YOUR TASK :: Of all the entries below, only the lines from the one with "-- lower the" up to and including the one with "let b = broadcast_append-Forward (appended" are to be duplicated exactly.
-- Opening Marker --
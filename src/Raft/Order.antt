-- ===== src/Raft/Order.antt =====
-- Committed entries in src/raft/node.rs: no input moves the commit index back or changes an entry
-- at or below it, and compacted, applied, committed and stored indices stay in that order.
pub mod Step
use ferrium.Common.{
  ℕ, ◌+◌, ◌-◌, ◌≤◌, ◌<◌, ◌≡◌, refl, ap, ◌∙◌, arith, leb, ltb, List, [], ◌∷◌, length, length-append,
  take, drop, u64, u64_mod, Bytes, Bool-cases, if_intro, not, ◌||◌, ◌==◌, max, inl, inr, true, none,
  some, ltb→lt, lt→ltb,
}
use ferrium.Raft.Log
use ferrium.Raft.Log.Index.{last_index_lem}
use ferrium.Raft.Log.Compact.{get-append}
use ferrium.Raft.Log.Merge.{Covers, Fits-splice}
use ferrium.Raft.Log.Protect.{snapshot_index-splice, matches-le, le-splice, get-splice_Covers}
use ferrium.Raft.Message
use ferrium.Raft.Message.{
  NodeId, AppendEntries, AppendEntriesReply, RequestVoteReply, Message, request_vote,
  request_vote_reply, append_entries, append_entries_reply, install_snapshot,
  install_snapshot_reply,
}
use ferrium.Raft.State
use ferrium.Raft.State.{Role, follower, candidate, leader}
use ferrium.Raft.Node.{Rand, RaftNode, majority}
use ferrium.Raft.Node.Replicate.{send_append, broadcast_append, advance_commit}
use ferrium.Raft.Node.Roles.{become_follower, become_leader, become_candidate, stand}
use ferrium.Raft.Node.Handlers.{
  reject_append, accept_append, handle_request_vote, handle_append_entries, handle_install_snapshot,
  is_role, handle_request_vote_reply, handle_append_entries_reply, handle_install_snapshot_reply,
}
use ferrium.Raft.Node.Drive.{tick, dispatch, step, propose}
use ferrium.Raft.Frames.{
  Kept, broadcast_append-Kept, advance_commit-Kept, request_loop_lem, broadcast_append_lem,
  send_append_lem, advanced, advance_commit_lem,
}
use ferrium.Raft.Commit.{advance_commit-IsCommittable}
use ferrium.Raft.Inputs.{
  Role-cases, appended, beat, waited, propose_leader, propose_other, tick_leader, tick_other,
}
use ferrium.Raft.Ready.{InOrder}

module _ {G : Type 0} where
  pub record Forward (n n' : RaftNode G) : Type 0 where
    pub order : InOrder n'
    pub commit : n.commit_index ≤ n'.commit_index
    pub kept : (i : ℕ) → i ≤ n.commit_index → Log.get n'.log i ≡ Log.get n.log i

  Forward-Kept :
      {n n' : RaftNode G} → InOrder n → Kept n n' → n'.commit_index ≡ n.commit_index → Forward n n'
  Forward-Kept v k e = record {
    order = ground arith;
    commit = omega arith;
    kept = λ i h. ap (λ (l : Log.RaftLog). Log.get l i) k.log;
  }

  Forward-trans : {a b c : RaftNode G} → Forward a b → Forward b c → Forward a c
  Forward-trans x y = record {
    order = y.order;
    commit = omega (arith, x.commit, y.commit);
    kept = λ i h. y.kept i (omega (arith, x.commit)) ∙ x.kept i h;
  }

  advance_commit-Forward : (n : RaftNode G) → InOrder n → Forward n (advance_commit n)
  advance_commit-Forward n v = elim (Role-cases n.role) [
    | inl led ↦
        let h =
          advance_commit-IsCommittable n led v.fits
            (omega (arith, last_index_lem n.log v.fits, v.stored)) in
        let k = advance_commit-Kept n in
        record {
          order = ground (arith, h, k, last_index_lem n.log v.fits);
          commit = h.1;
          kept = λ i p. ap (λ (l : Log.RaftLog). Log.get l i) k.log;
        }
    | inr other ↦
        Forward-Kept v (advance_commit-Kept n)
          (rw (advance_commit_lem n) (unfold advanced in ground (arith, other)))
  ]

  broadcast_append-Forward : (n : RaftNode G) → InOrder n → Forward n (broadcast_append n)
  broadcast_append-Forward n v =
      Forward-Kept v (broadcast_append-Kept n)
        (ap (λ (m : RaftNode G). m.commit_index) (broadcast_append_lem n))

  -- An update of other fields.
  Forward-same :
      {n n' : RaftNode G}
      → InOrder n
      → n'.log ≡ n.log
      → n'.commit_index ≡ n.commit_index
      → n'.last_applied ≡ n.last_applied
      → Forward n n'
  Forward-same v l c a = record {
    order = ground arith;
    commit = omega arith;
    kept = λ i h. ap (λ (l : Log.RaftLog). Log.get l i) l;
  }

  -- First an update of other fields, then a step that goes forward.
  Forward-after :
      {n n' : RaftNode G} (m : RaftNode G)
      → InOrder n
      → m.log ≡ n.log
      → m.commit_index ≡ n.commit_index
      → m.last_applied ≡ n.last_applied
      → (InOrder m → Forward m n')
      → Forward n n'
  Forward-after m v l c a f = let x = Forward-same v l c a in Forward-trans {b = m} x (f x.order)

  become_leader-Forward : (n : RaftNode G) → InOrder n → Forward n (become_leader n)
  unfolding become_leader
  become_leader-Forward n v =
      let m : RaftNode G = record n {
        role = leader;
        leader_id = some n.id;
        progress = State.reset n.peers (Log.last_index n.log) n.progress;
        heartbeat_elapsed = 0;
      } in
      Forward-after m v refl refl refl (λ w.
        let b = broadcast_append-Forward m w in
        Forward-trans b (advance_commit-Forward (broadcast_append m) b.order))

  handle_request_vote_reply-Forward :
      (m : RequestVoteReply) (n : RaftNode G)
      → InOrder n
      → Forward n (handle_request_vote_reply m n)
  unfolding handle_request_vote_reply
  handle_request_vote_reply-Forward m n v =
      let (votes', count) = State.record_vote m.voter_id n.votes in
      let n' : RaftNode G = record n { votes = votes' } in
      if_intro (Forward n) (not (is_role n.role candidate) || not (m.term == n.current_term)) n _
        (λ _. Forward-same v refl refl refl)
        (λ _.
          if_intro (Forward n) m.vote_granted _ n
            (λ _.
              if_intro (Forward n) (leb (majority n) count) (become_leader n') n'
                (λ _. Forward-after n' v refl refl refl (become_leader-Forward n'))
                (λ _. Forward-same v refl refl refl))
            (λ _. Forward-same v refl refl refl))

  handle_append_entries_reply-Forward :
      (from : NodeId) (m : AppendEntriesReply) (n : RaftNode G)
      → InOrder n
      → Forward n (handle_append_entries_reply from m n)
  unfolding handle_append_entries_reply
  handle_append_entries_reply-Forward from m n v =
      let won : RaftNode G = record n {
        progress =
            State.set_next_index from (u64 (m.match_index + 1))
              (State.set_match_index from m.match_index n.progress);
      } in
      let lost : RaftNode G = record n {
        progress = State.set_next_index from (max m.conflict_index 1) n.progress;
      } in
      if_intro (Forward n) (not (is_role n.role leader) || not (m.term == n.current_term)) n _
        (λ _. Forward-same v refl refl refl)
        (λ _.
          if_intro (Forward n) m.success (advance_commit won) (send_append from lost)
            (λ _. Forward-after won v refl refl refl (advance_commit-Forward won))
            (λ _. rw (send_append_lem from lost) (Forward-same v refl refl refl)))

  appended-Forward :
      (c : Bytes) (n : RaftNode G)
      → InOrder n
      → n.log.snapshot_index + length n.log.entries + 2 < u64_mod
      → Forward n (appended c n)
  unfolding Log.append
  appended-Forward c n v room =
      let e : List Log.LogEntry = record { term = n.current_term; command = c } ∷ [] in
      let l = length-append n.log.entries e in
      record {
        order = ground (arith, l);
        commit = omega arith;
        kept = λ i h. ground (arith, l, get-append n.log e i, last_index_lem n.log v.fits);
      }

  -- A proposal to a node in order whose log has room for one more index keeps the order, does not
  -- lower the commit index and changes no committed entry.
  propose-Forward :
      (c : Bytes) (n : RaftNode G)
      → InOrder n
      → n.log.snapshot_index + length n.log.entries + 2 < u64_mod
      → Forward n (propose c n).0
  propose-Forward c n v room = elim (Role-cases n.role) [
    | inl led ↦ rw (propose_leader c n led) (
        let x = appended-Forward c n v room in
        let b = broadcast_append-Forward (appended c n) x.order in
        Forward-trans x
          (Forward-trans b (advance_commit-Forward (broadcast_append (appended c n)) b.order)))
    | inr other ↦ rw (propose_other c n other) (Forward-same v refl refl refl)
  ]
-- Closing Marker --
ANSWER BOX ::
  -- lower the commit index and changes no committed entry.
  propose-Forward :
      (c : Bytes) (n : RaftNode G)
      → InOrder n
      → n.log.snapshot_index + length n.log.entries + 2 < u64_mod
      → Forward n (propose c n).0
  propose-Forward c n v room = elim (Role-cases n.role) [
    | inl led ↦ rw (propose_leader c n led) (
        let x = appended-Forward c n v room in
        let b = broadcast_append-Forward (appended c n) x.order in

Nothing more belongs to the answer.